Когда к ужину явился Секереш, Петр неожиданно сказал:
— Слушай, Иошка, нельзя ли устроить так, чтобы мне здесь остаться? Нужда в людях здесь, верно, больше, чем в Вене.
— Особенно в тех, кого разыскивает полиция и кого она великолепно знает в лицо. Чтобы всех нас поставить под угрозу? Так, что ля?
— Значит, я должен уехать?
— Что с тобой приключилось, Петр? Утром тебе и в голову не приходило…
Петр молчал. Да что бы он и мог сказать? Секереш высмеял бы его, заикнись он только о том, что Тереш пахнет фабрикой, тогда как от Мартона пахло нищетой.
Секереш принес вечернюю газету.
— Вот, почитай-ка, — и он ударил пальцем по столбцу с длинным списком убитых под Будой.
«Дезидерий Альдор, студент-юрист», — прочел Петр указанную Секерешем фамилию.
— Знаешь, кто это?
— Как будто я где-то слыхал эту фамилию, но где именно — что-то не припомню.
— Ты, верно, знал его под фамилией Леготаи или Бескид. Да, да! Товарищ Бескид умер героической смертью, сражаясь за отечество под флагом его величества короля.
Секереш смеялся, но от этого смеха лицо его не повеселело, наоборот — затуманилось.
Когда на прощанье Секереш пожал ему руку, глаза Петра Ковача, коммуниста, видавшего виды, наполнились слезами. Он грустил вовсе не то том, что должен был расстаться с Секерешем. Он уже давно привык к необходимости время от времени расставаться с товарищами, чтобы потом на каком-нибудь другом фронте мировой революции вновь с ними встретиться. Это в порядке вещей. Но после разговора с Секерешем, — беседа была короткой, они провели вместе не больше двух часов, — то, что вчера он только предчувствовал, перешло в уверенность. В движении предстоят большие перемены, отчасти они уже произошли. В чем именно эти перемены заключаются — он точно не знал. Когда, вернувшись из Чехо-Словакии, он увидел на Вацском проспекте дымящие фабричные трубы, ему сразу стало понятно, в чем дело. Но сейчас он только чувствовал, что Тереша трудно вообразить себе на дамском велосипеде распространяющим листовки, так же как Мартона трудно было бы использовать для какой-нибудь забастовки из-за зарплаты.

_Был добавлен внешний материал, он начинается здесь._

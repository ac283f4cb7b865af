-- ===== src/Camera/Shot.antt =====
-- The part of `struct camera2_shot_ext` (libcamera/fimc-is-metadata.h) that the activities of
-- libcamera/ExynosCameraActivity*.cpp read and write: `shot.ctl` is what is asked of the
-- firmware, `shot.dm` is what it reports.
use android_hardware_samsung.Common.{ℕ, List}

-- `enum flash_mode`
pub data LampMode : Type 0 where
  off single torch best : LampMode

-- `enum aa_aemode`
pub data AeMode : Type 0 where
  off locked center average matrix spot : AeMode

-- `enum aa_ae_flashmode`
pub data AeFlashMode : Type 0 where
  off start cancel on auto capture on_always : AeFlashMode

-- `enum aa_awbmode`
pub data AwbMode : Type 0 where
  off locked wb_auto wb_incandescent wb_fluorescent wb_warm_fluorescent : AwbMode
  wb_daylight wb_cloudy_daylight wb_twilight wb_shade : AwbMode

-- `enum aa_afmode`
pub data AfMode : Type 0 where
  off auto macro continuous_video continuous_picture infinity auto_video auto_face : AfMode
  continuous_picture_face sleep edof : AfMode

-- `enum aa_afstate`, and any value that is none of its enumerators.
pub data AfState : Type 0 where
  inactive passive_scan active_scan acquired_focus failed_focus unlisted : AfState

-- `enum ae_state`
pub data AeState : Type 0 where
  inactive searching converged locked flash_required precapture : AeState

-- `shot.ctl.aa` and `shot.ctl.flash`
pub record Control : Type 0 where
  pub ae_mode : AeMode
  pub ae_flash_mode : AeFlashMode
  pub awb_mode : AwbMode
  pub af_mode : AfMode
  pub af_trigger : ℕ
  pub af_regions : List ℕ
  pub flash_mode : LampMode
  pub firing_time : ℕ
  pub firing_power : ℕ

-- `shot.dm.request`, `shot.dm.aa` and `shot.dm.flash`
pub record Dynamic : Type 0 where
  pub frame_count : ℕ
  pub ae_state : AeState
  pub ae_flash_mode : AeFlashMode
  pub af_state : AfState
  pub decision : ℕ
  pub flash_ready : ℕ
  pub flash_off_ready : ℕ
  pub firing_stable : ℕ

pub record Shot : Type 0 where
  pub ctl : Control
  pub dm : Dynamic
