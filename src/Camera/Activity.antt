-- ===== src/Camera/Activity.antt =====
-- libcamera/ExynosCameraActivityBase.cpp: the dispatch of a frame's callbacks to an activity. A
-- buffer is its handle with the metadata plane `virt.extP[1]`; `pFunc` is `NULL` at first, and a
-- call through `NULL` is a crash, here `none`.
use android_hardware_samsung.Common.{ℕ, Option, none, some}
use android_hardware_samsung.Camera.Shot.{Shot}

-- `enum CALLBACK_TYPE`
pub data CallbackType : Type 0 where
  sensor_before sensor_after callback_3a_before callback_3a_after : CallbackType
  isp_before isp_after scc_before scc_after scp_before scp_after end : CallbackType

pub record Buffer : Type 0 where
  pub handle : ℕ
  pub shot : Shot

-- The pure virtual callbacks, over the members `S` of the derived class. All of them answer 1.
pub record Activity {ℓ} (S : Type ℓ) : Type ℓ where
  pub func_sensor_before : S → Buffer → S × Buffer
  pub func_sensor_after : S → Buffer → S × Buffer
  pub func_3a_before : S → Buffer → S × Buffer
  pub func_3a_after : S → Buffer → S × Buffer
  pub func_isp_before : S → Buffer → S × Buffer
  pub func_isp_after : S → Buffer → S × Buffer
  pub func_scc_before : S → Buffer → S × Buffer
  pub func_scc_after : S → Buffer → S × Buffer
  pub func_scp_before : S → Buffer → S × Buffer
  pub func_scp_after : S → Buffer → S × Buffer

-- The body of a callback that only answers 1.
abbrev pub keep {ℓ} : {S : Type ℓ} → S → Buffer → S × Buffer
keep s buf = (s, buf)

module _ {ℓ} {S : Type ℓ} where
  -- The member function that `pFunc` points to.
  abbrev pub virtual : Activity S → CallbackType → S → Buffer → Option (S × Buffer)
  virtual a CallbackType.sensor_before s b = some (a.func_sensor_before s b)
  virtual a CallbackType.sensor_after s b = some (a.func_sensor_after s b)
  virtual a CallbackType.callback_3a_before s b = some (a.func_3a_before s b)
  virtual a CallbackType.callback_3a_after s b = some (a.func_3a_after s b)
  virtual a CallbackType.isp_before s b = some (a.func_isp_before s b)
  virtual a CallbackType.isp_after s b = some (a.func_isp_after s b)
  virtual a CallbackType.scc_before s b = some (a.func_scc_before s b)
  virtual a CallbackType.scc_after s b = some (a.func_scc_after s b)
  virtual a CallbackType.scp_before s b = some (a.func_scp_before s b)
  virtual a CallbackType.scp_after s b = some (a.func_scp_after s b)
  virtual a CallbackType.end s b = none

-- The `switch` that sets `pFunc`; its default keeps the pointer of the call before.
abbrev pub select : CallbackType → Option CallbackType → Option CallbackType
select CallbackType.end p_func = p_func
select type p_func = some type

-- `execFunction` on the pointer `pFunc` and the members: the new pointer, members and buffer.
unfoldable pub exec_function {ℓ} :
    {S : Type ℓ}
    → Activity S
    → CallbackType
    → Option CallbackType
    → S
    → Buffer
    → Option CallbackType × Option (S × Buffer)
exec_function a type p_func s b =
    let p = select type p_func in (p, elim p [ none ↦ none | some t ↦ virtual a t s b ])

То, что Петр услышал от Секереша о партийных делах, он еще не вполне переварил, но он инстинктивно понимал, что все эти факты означают новую стадию движения, новый этап, новую фазу. Новый шаг, логически и органически связанный с предыдущим. Выпрямление линии. Результат
Сердце Петра так ныло, словно в него нож воткнули. Почти с ненавистью думал он о Вене, куда он должен был теперь бежать. С боязнью думал он теперь о той обстановке, в которой ему придется там жить, чужими казались товарищи, с которыми ему предстоит работать. И с чувством горечи и зависти отрывался он от тех, кто может работать здесь.

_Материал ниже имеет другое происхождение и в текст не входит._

-- ===== src/Camera/Areas.antt =====
-- The focus and metering areas that are given as a text, as in "(-10,-10,0,0,300),(0,0,10,10,700)":
-- m_bracketsStr2Ints and m_subBracketsStr2Ints of libcamera/ExynosCameraHWImpl.cpp. A text is its
-- characters up to the NUL; `atoi` is a parameter.
pub mod Valid
pub mod Accepted
pub mod Tests
use android_hardware_samsung.Common.{
  ℕ, zero, suc, ◌+◌, Bool, true, false, not, ◌&&◌, ◌||◌, Option, some, none, List, [], ◌∷◌, ◌++◌,
  map, drop, length, ltb, ◌==◌, if◌then◌else◌,
}
use android_hardware_samsung.Common.Int.{ℤ, pos, negsuc, ltb_ℤ}

-- One of `rect2s` with its weight, and what `tempArray` holds.
pub record Area : Type 0 where
  pub x1 : ℤ
  pub y1 : ℤ
  pub x2 : ℤ
  pub y2 : ℤ
  pub weight : ℤ

-- `strchr`
abbrev pub from : ℕ → List ℕ → Option (List ℕ)
from ch [] = none
from ch (x ∷ xs) = if x == ch then some (x ∷ xs) else from ch xs

abbrev pub cons_first : ℕ → Option (List ℕ × List ℕ) → Option (List ℕ × List ℕ)
cons_first x none = none
cons_first x (some (front, rest)) = some (x ∷ front, rest)

-- The text up to a character and with it, and the text from the character on.
abbrev pub up_to : ℕ → List ℕ → Option (List ℕ × List ℕ)
up_to ch [] = none
up_to ch (x ∷ xs) =
    let rest = up_to ch xs in if x == ch then some (x ∷ [], x ∷ xs) else cons_first x rest

-- The next '(' with the next ')' behind it.
unfoldable pub next_bracket : List ℕ → Option (List ℕ × List ℕ)
next_bracket text = elim (from 40 text) [ none ↦ none | some t ↦ up_to 41 t ]

-- A token ends, if there is one.
abbrev pub flush : List ℕ → List (List ℕ)
flush [] = []
flush (c ∷ cs) = (c ∷ cs) ∷ []

-- `strtok` with ",": the second argument is the token that has begun.
unfoldable pub tokens : List ℕ → List ℕ → List (List ℕ)
tokens [] token = flush token
tokens (x ∷ xs) token = if x == 44 then flush token ++ tokens xs [] else tokens xs (token ++ x ∷ [])

-- `m_subBracketsStr2Ints` of five numbers; the fifth may be missing, and keeps its place's content.
unfoldable pub sub_brackets_str2_ints : List ℤ → Area → Option Area
sub_brackets_str2_ints (a ∷ b ∷ c ∷ d ∷ e ∷ ns) old =
    some (record { x1 = a; y1 = b; x2 = c; y2 = d; weight = e })
sub_brackets_str2_ints (a ∷ b ∷ c ∷ d ∷ []) old =
    some (record { x1 = a; y1 = b; x2 = c; y2 = d; weight = old.weight })
sub_brackets_str2_ints _ old = none

abbrev pub is_zero : ℤ → Bool
is_zero (pos n) = n == 0
is_zero (negsuc n) = false

abbrev pub in_range : ℤ → Bool
in_range a = not (ltb_ℤ a (negsuc 999)) && not (ltb_ℤ (pos 1000) a)

-- All of the area is 0.
abbrev pub is_null_area : Area → Bool
is_null_area a =
    is_zero a.x1 && (is_zero a.y1 && (is_zero a.x2 && (is_zero a.y2 && is_zero a.weight)))

abbrev pub both_zero : ℤ → ℤ → Bool
both_zero a b = is_zero a && is_zero b

-- The chain of `else if`, of an area whose numbers are in range.
abbrev pub is_ordered : Area → Bool
is_ordered a =
    if is_null_area a
    then true
    else if is_zero a.weight
    then false
    else if not (both_zero a.x1 a.x2) && not (ltb_ℤ a.x1 a.x2)
    then false
    else if not (both_zero a.y1 a.y2) && not (ltb_ℤ a.y1 a.y2)
    then false
    else if not (both_zero a.x1 a.x2) && both_zero a.y1 a.y2
    then false
    else not (both_zero a.x1 a.x2 && not (both_zero a.y1 a.y2))

unfoldable pub is_valid_area : Area → Bool
is_valid_area a =
    (in_range a.x1 && (in_range a.y1 && (in_range a.x2 && in_range a.y2)))
    && ((not (ltb_ℤ a.weight (pos 0)) && not (ltb_ℤ (pos 1000) a.weight)) && is_ordered a)

-- By how much `validFocusedAreas` grows; `none` returns 0.
abbrev pub counted : Bool → Area → Option ℕ
counted true a = if is_valid_area a then some 1 else none
counted false a = some (if is_null_area a then 0 else 1)

-- What follows the loop.
abbrev pub finish : Bool → ℕ → ℕ → Bool → ℕ
finish mode num valid null_area =
    let n = if null_area && mode then num else valid in if n == 0 then 1 else n

-- A value, or what is done without one.
abbrev pub with_some {ℓ} :
    {A : Type ℓ}
    → Option A
    → Option (ℕ × List Area)
    → (A → Option (ℕ × List Area))
    → Option (ℕ × List Area)
with_some none stop k = stop
with_some (some a) stop k = k a

-- `none` is a write behind the 128 bytes of `buf`.
abbrev pub copied : List ℕ → Option (ℕ × List Area) → Option (ℕ × List Area)
copied bracket next = elim (ltb 127 (length bracket)) [ true ↦ none | false ↦ next ]

module _ (atoi : List ℕ → ℤ) (mode : Bool) (num : ℕ) where
  -- The rounds from `i` on: num - i, the variables of the loop, and what is written so far.
  unfoldable pub area_loop : ℕ → ℕ → Bool → Area → List Area → List ℕ → Option (ℕ × List Area)
  area_loop zero valid null_area old areas text =
      with_some (next_bracket text) (some (finish mode num valid null_area, areas))
        (λ b. some (0, areas))
  area_loop (suc n) valid null_area old areas text =
      with_some (next_bracket text) (some (finish mode num valid false, areas)) (λ b. copied b.0 (
        with_some (sub_brackets_str2_ints (map atoi (tokens (drop 1 b.0) [])) old)
          (some (finish mode num valid false, areas))
          (λ a. with_some (counted mode a) (some (0, areas ++ a ∷ [])) (λ k.
            area_loop n (valid + k) (null_area || (mode && is_null_area a)) a (areas ++ a ∷ [])
              b.1))))

  -- What is answered, and the areas that are written. `old` is what `tempArray` holds at first.
  unfoldable pub brackets_str2_ints : Area → List ℕ → Option (ℕ × List Area)
  brackets_str2_ints old text = area_loop num 0 false old [] text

Он не заметил, сколько прошло времени после его прощания с Секерешем до той минуты, когда в дверь постучал Тереш. Он не заметил даже, что свеча догорела и погасла.
— Что же это вы в темноте сидите, товарищ?

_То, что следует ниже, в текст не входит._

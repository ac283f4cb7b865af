-- ===== src/Camera/Areas/Valid.antt =====
-- The areas that a caller of m_bracketsStr2Ints uses.
use android_hardware_samsung.Common.{
  ◌≡◌, ◌≢◌, Bool, true, false, not, ◌&&◌, if◌then◌else◌, inl, inr, ◌⊎◌, refl, arith,
}
use android_hardware_samsung.Common.Int.{ℤ, pos, negsuc, ltb_ℤ, ◌≤ℤ◌}
use android_hardware_samsung.Camera.Areas.{
  Area, is_zero, in_range, is_null_area, both_zero, is_ordered, is_valid_area,
}

-- What the framework asks of an area: numbers in range, and either a rectangle with a positive
-- weight, or the weight of no rectangle, or nothing at all.
pub record IsArea (a : Area) : Type 0 where
  pub left : (negsuc 999 ≤ℤ a.x1) × (a.x1 ≤ℤ pos 1000)
  pub top : (negsuc 999 ≤ℤ a.y1) × (a.y1 ≤ℤ pos 1000)
  pub right : (negsuc 999 ≤ℤ a.x2) × (a.x2 ≤ℤ pos 1000)
  pub bottom : (negsuc 999 ≤ℤ a.y2) × (a.y2 ≤ℤ pos 1000)
  pub weighed : (pos 0 ≤ℤ a.weight) × (a.weight ≤ℤ pos 1000)
  pub shape :
      ((ltb_ℤ a.x1 a.x2 ≡ true) × (ltb_ℤ a.y1 a.y2 ≡ true))
      ⊎ ((a.x1 ≡ pos 0) × (a.y1 ≡ pos 0) × (a.x2 ≡ pos 0) × (a.y2 ≡ pos 0))

ranged : (a : ℤ) → in_range a ≡ true → (negsuc 999 ≤ℤ a) × (a ≤ℤ pos 1000)
ranged (pos n) e = ground arith
ranged (negsuc n) e = ground arith

weighed_range :
    (a : ℤ)
    → (not (ltb_ℤ a (pos 0)) && not (ltb_ℤ (pos 1000) a)) ≡ true
    → (pos 0 ≤ℤ a) × (a ≤ℤ pos 1000)
weighed_range (pos n) e = ground arith
weighed_range (negsuc n) e = ground arith

zero_only : (a : ℤ) → is_zero a ≡ true → a ≡ pos 0
zero_only (pos n) e = ground arith
zero_only (negsuc n) e = cc

and_left : (p q : Bool) → (p && q) ≡ true → p ≡ true
and_left true q e = refl
and_left false q e = e

and_right : (p q : Bool) → (p && q) ≡ true → q ≡ true
and_right true q e = e
and_right false q e = absurd (false_true e)
  where
    false_true : false ≢ true
    false_true e = cc

-- The chain of `else if`, with its tests as Booleans: the area is null, its weight is 0, its sides
-- are 0, and they are in order.
ordered_cases :
    (null weightless flat_x flat_y less_x less_y : Bool)
    → (null ≡ true → (flat_x && flat_y) ≡ true)
    → (if null
        then true
        else if weightless
        then false
        else if not flat_x && not less_x
        then false
        else if not flat_y && not less_y
        then false
        else if not flat_x && flat_y
        then false
        else not (flat_x && not flat_y))
      ≡ true
    → ((less_x ≡ true) × (less_y ≡ true)) ⊎ ((flat_x && flat_y) ≡ true)
ordered_cases true w fx fy lx ly n e = inr (n refl)
ordered_cases false w true true lx ly n e = inr refl
ordered_cases false w true false lx ly n e = ground arith
ordered_cases false w false true lx ly n e = ground arith
ordered_cases false w false false lx ly n e = ground arith

null_flat : (a : Area) → is_null_area a ≡ true → (both_zero a.x1 a.x2 && both_zero a.y1 a.y2) ≡ true
null_flat a e =
    flat (is_zero a.x1) (is_zero a.y1) (is_zero a.x2) (is_zero a.y2) (is_zero a.weight) e
  where
    flat : (p q r s t : Bool) → (p && (q && (r && (s && t)))) ≡ true → ((p && r) && (q && s)) ≡ true
    flat p q r s t e = ground arith

valid_shape :
    (a : Area)
    → is_ordered a ≡ true
    → ((ltb_ℤ a.x1 a.x2 ≡ true) × (ltb_ℤ a.y1 a.y2 ≡ true))
      ⊎ ((a.x1 ≡ pos 0) × (a.y1 ≡ pos 0) × (a.x2 ≡ pos 0) × (a.y2 ≡ pos 0))
valid_shape a v =
    elim (ordered_cases (is_null_area a) (is_zero a.weight) (both_zero a.x1 a.x2)
      (both_zero a.y1 a.y2) (ltb_ℤ a.x1 a.x2) (ltb_ℤ a.y1 a.y2) (null_flat a) v) [
        | inl less ↦ inl less
        | inr flat ↦
            let x = and_left (both_zero a.x1 a.x2) (both_zero a.y1 a.y2) flat in
            let y = and_right (both_zero a.x1 a.x2) (both_zero a.y1 a.y2) flat in
            inr (
              zero_only a.x1 (and_left (is_zero a.x1) (is_zero a.x2) x),
              zero_only a.y1 (and_left (is_zero a.y1) (is_zero a.y2) y),
              zero_only a.x2 (and_right (is_zero a.x1) (is_zero a.x2) x),
              zero_only a.y2 (and_right (is_zero a.y1) (is_zero a.y2) y),
            )
      ]

pub valid-IsArea : (a : Area) → is_valid_area a ≡ true → IsArea a
unfolding is_valid_area
valid-IsArea a v =
    let sides = in_range a.x1 && (in_range a.y1 && (in_range a.x2 && in_range a.y2)) in
    let weight = not (ltb_ℤ a.weight (pos 0)) && not (ltb_ℤ (pos 1000) a.weight) in
    let inside = and_left sides (weight && is_ordered a) v in
    let rest = and_right sides (weight && is_ordered a) v in
    let tail1 =
      and_right (in_range a.x1) (in_range a.y1 && (in_range a.x2 && in_range a.y2)) inside in
    let tail2 = and_right (in_range a.y1) (in_range a.x2 && in_range a.y2) tail1 in
    record {
      left =
          ranged a.x1
            (and_left (in_range a.x1) (in_range a.y1 && (in_range a.x2 && in_range a.y2)) inside);
      top = ranged a.y1 (and_left (in_range a.y1) (in_range a.x2 && in_range a.y2) tail1);
      right = ranged a.x2 (and_left (in_range a.x2) (in_range a.y2) tail2);
      bottom = ranged a.y2 (and_right (in_range a.x2) (in_range a.y2) tail2);
      weighed = weighed_range a.weight (and_left weight (is_ordered a) rest);
      shape = valid_shape a (and_right weight (is_ordered a) rest);
    }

Петр что-то пробормотал в ответ. Тереш зажег новую свечу и бросил на диван старенький чемодан.
— Здесь вы найдете все, что вам нужно: костюм, белье, ботинки. А вот вам паспорт и деньги. Из квартиры выйдете без вещей. А вот по этой бумажке, — смотрите, не потеряйте ее, — на вокзале в камере хранения получите ваш чемодан. В нем кроме старого белья ничего не будет. И то для видимости. Нельзя же ехать без вещей. По совести говоря, я был бы счастлив, если бы вы уже испарились отсюда. Мы переживаем тяжелые дни. У Кенде, — того, что одолжил вам пальто, — у Кенде сегодня был обыск. Ничего не нашли, но его все же забрали на улицу Зрини. Вот вам ваш паспорт.
Петр взял паспорт и положил его в карман, не взглянув даже в документ. Тереш удивленно посмотрел на него, но промолчал.
— Поезд отправляется завтра утром, в десять тридцать… С Западного вокзала, — сказал он после минутной паузы. — Вот вам деньги, товарищ.
— Спасибо, — ответил Петр. — Когда же я должен ехать?
Тереш снова удивленно посмотрел на него.
— Утром, в десять тридцать, с Западного, — говорил он. — Завтра в это время вы будете уже в Вене, товарищ Ковач. Там наконец отдохнете как следует.
— Я предпочел бы работать, — нервно сказал Петр, прислонившись спиной к стенке и в упор глядя на Тереша.
Тот сидел на диване и играл со стоявшей на стуле свечой.
— В Вене работы хватит, — сказал он тихо.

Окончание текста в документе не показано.